Sinus Lifting For Dental Implants
Maxillofacial rehabilitation of the atrophic maxilla, whether with or without maxillary sinus pneumatisation, often presents a challenge due to limited bone availability. Consequently, vertical and horizontal bone augmentation becomes necessary. The conventional and widely employed approach involves maxillary sinus augmentation using various techniques, which may or may not cause a rupture of the sinus membrane. However, such membrane rupture increases the risk of acute and chronic contamination, affecting the graft, implant, and the maxillary sinus itself.
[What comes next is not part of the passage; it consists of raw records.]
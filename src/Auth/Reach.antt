-- ===== src/Auth/Reach.antt =====
-- internal/auth/scope.go: the projects that a configured scope reaches.
use secure_dev.Prelude.{
  String, Bool, true, false, not, ◌&&◌, ◌||◌, ◌≡◌, ◌⊎◌, refl, ◌∙◌, List, [], ◌∷◌, ◌++◌, any,
  any-snoc, arith, eq_iff, ◌==◌, if◌then◌else◌, Bool-cases, inl, inr,
}
use secure_dev.Prelude.Text.{trim_space, split}
use secure_dev.Prelude.Sort.{text_lt, any-sort_by}
use secure_dev.Auth.{
  Scope, global_scope, slug_of, collect_slugs, scope_to, parsed, empty_field, is_nil, named,
  parse_scope, scope_empty, scope_allows,
}

-- A slug that the list names.
abbrev pub names : List String → String → Bool
names raw slug = any (λ r. slug_of r == slug) raw

any-collect_slugs :
    (out raw : List String) (slug : String)
    → any (λ p. p == slug) (collect_slugs out raw)
      ≡ (any (λ p. p == slug) out || (not (slug == "") && names raw slug))
unfolding collect_slugs
any-collect_slugs out [] slug = ground arith
any-collect_slugs out (r ∷ raw) slug =
    let s = slug_of r in
    ground (
      arith,
      any-collect_slugs (if s == "" || any (λ t. t == s) out then out else out ++ s ∷ []) raw slug,
      any-snoc (λ p. p == slug) out s,
      eq_iff s slug,
      eq_iff s "",
      eq_iff slug "",
    )

-- A scope over named projects reaches a project exactly if one of the names is the project's slug,
-- letter case and the space around it aside, and the slug is not empty.
pub scope_allows-scope_to :
    (raw : List String) (project : String)
    → scope_allows (scope_to raw) project
      ≡ (not (slug_of project == "") && names raw (slug_of project))
unfolding scope_allows scope_to
scope_allows-scope_to raw project =
    any-sort_by text_lt (λ p. p == slug_of project) (collect_slugs [] raw)
    ∙ any-collect_slugs [] raw (slug_of project)

named-parsed :
    (raw : String) (s t : Scope) → named raw s ≡ parsed t → (t ≡ s) × (is_nil s.projects ≡ false)
unfolding named
named-parsed raw s t h = elim (Bool-cases (is_nil s.projects)) [
  | inl e ↦ ground (arith, e, h)
  | inr e ↦ ground (arith, e, h)
]

-- The two ways for a trimmed text to be a scope.
pub field_cases :
    (raw t : String) (s : Scope)
    → (if t == ""
        then empty_field
        else if t == "*"
        then parsed global_scope
        else named raw (scope_to (split 44 t)))
      ≡ parsed s
    → (((t == "*") ≡ true) × (s ≡ global_scope))
      ⊎ (((t == "*") ≡ false)
          × (s ≡ scope_to (split 44 t))
          × (is_nil (scope_to (split 44 t)).projects ≡ false))
field_cases raw t s h = elim (Bool-cases (t == "")) [
  | inl e ↦ ground (arith, e, h)
  | inr e ↦ elim (Bool-cases (t == "*")) [
    | inl f ↦ inl (f, ground (arith, e, f, h))
    | inr f ↦
        let (same, some_named) =
          named-parsed raw (scope_to (split 44 t)) s (ground (arith, e, f, h)) in
        inr (f, same, some_named)
  ]
]

scope_to-global : (raw : List String) → (scope_to raw).global ≡ false
unfolding scope_to
scope_to-global raw = refl

-- Text that is accepted as a scope is `*`, and then the scope reaches every project, or it is a list
-- of names with commas between them, and then the scope is not empty and reaches just these
-- projects.
pub parse_scope-parsed :
    (raw : String) (s : Scope) (project : String)
    → parse_scope raw ≡ parsed s
    → (scope_empty s ≡ false)
      × (scope_allows s project ≡ (
          trim_space raw == "*"
          || not (slug_of project == "") && names (split 44 (trim_space raw)) (slug_of project)))
unfolding parse_scope scope_empty scope_allows
parse_scope-parsed raw s project h =
    let t = trim_space raw in
    elim (field_cases raw t s h) [
      | inl (star, same) ↦ rw (same, star) (refl, refl)
      | inr (star, same, some_named) ↦
          rw (same, star, scope_allows-scope_to (split 44 t) project)
            (rw (some_named, scope_to-global (split 44 t)) refl, refl)
    ]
The surgical procedure for maxillary sinus autograft
Typically entails three stages. First, the autograft is removed, followed by the preparation of the bone site for the graft. The third stage, frequently added, involves the placement of Osseo integrated implants, as it was previously unfeasible to conduct this simultaneously with graft surgery. Presenting a novel advancement, a bioactive kinetic screw (BKS) bone implant model has been introduced, streamlining the process by enabling autogenous grafting, sinus augmentation, and implant fixation in a single step.
1. What is Sinus lifting?
Sinus lifting, also known as maxillary sinus augmentation, is a surgical procedure performed in oral maxillofacial rehabilitation to address limited bone availability in the atrophic maxilla, particularly in cases where the maxillary sinuses have experienced pneumatisation. This technique aims to increase the bone’s vertical and horizontal dimensions in the posterior maxilla to facilitate successful dental implant placement.
Conclusion
The BKS sinus lift technique introduced and elucidated in this study has demonstrated its simplicity and feasibility in facilitating the streamlined autogenous transplantation for maxillary sinus augmentation. It bears resemblance to the conventional procedure of drilling and screwing dental bone implants. Through the utilization of square threads and the simultaneous action of drilling and screwing, enhanced stability is achieved for the BKS implant, even when 1/3 of its volume is inserted within the confines of the maxillary sinus cavity. Notably, the experimental tests did not manifest the disconcerting sensation of instability, often encountered when implants lose their bone anchorage during the implantation process. Despite the limitations acknowledged in this study, the proposed technique has proven to be effective in indirectly elevating the maxillary sinus without exposing the sinus membrane to the external environment. Future investigations will focus on assessing the biological response elicited by this technique.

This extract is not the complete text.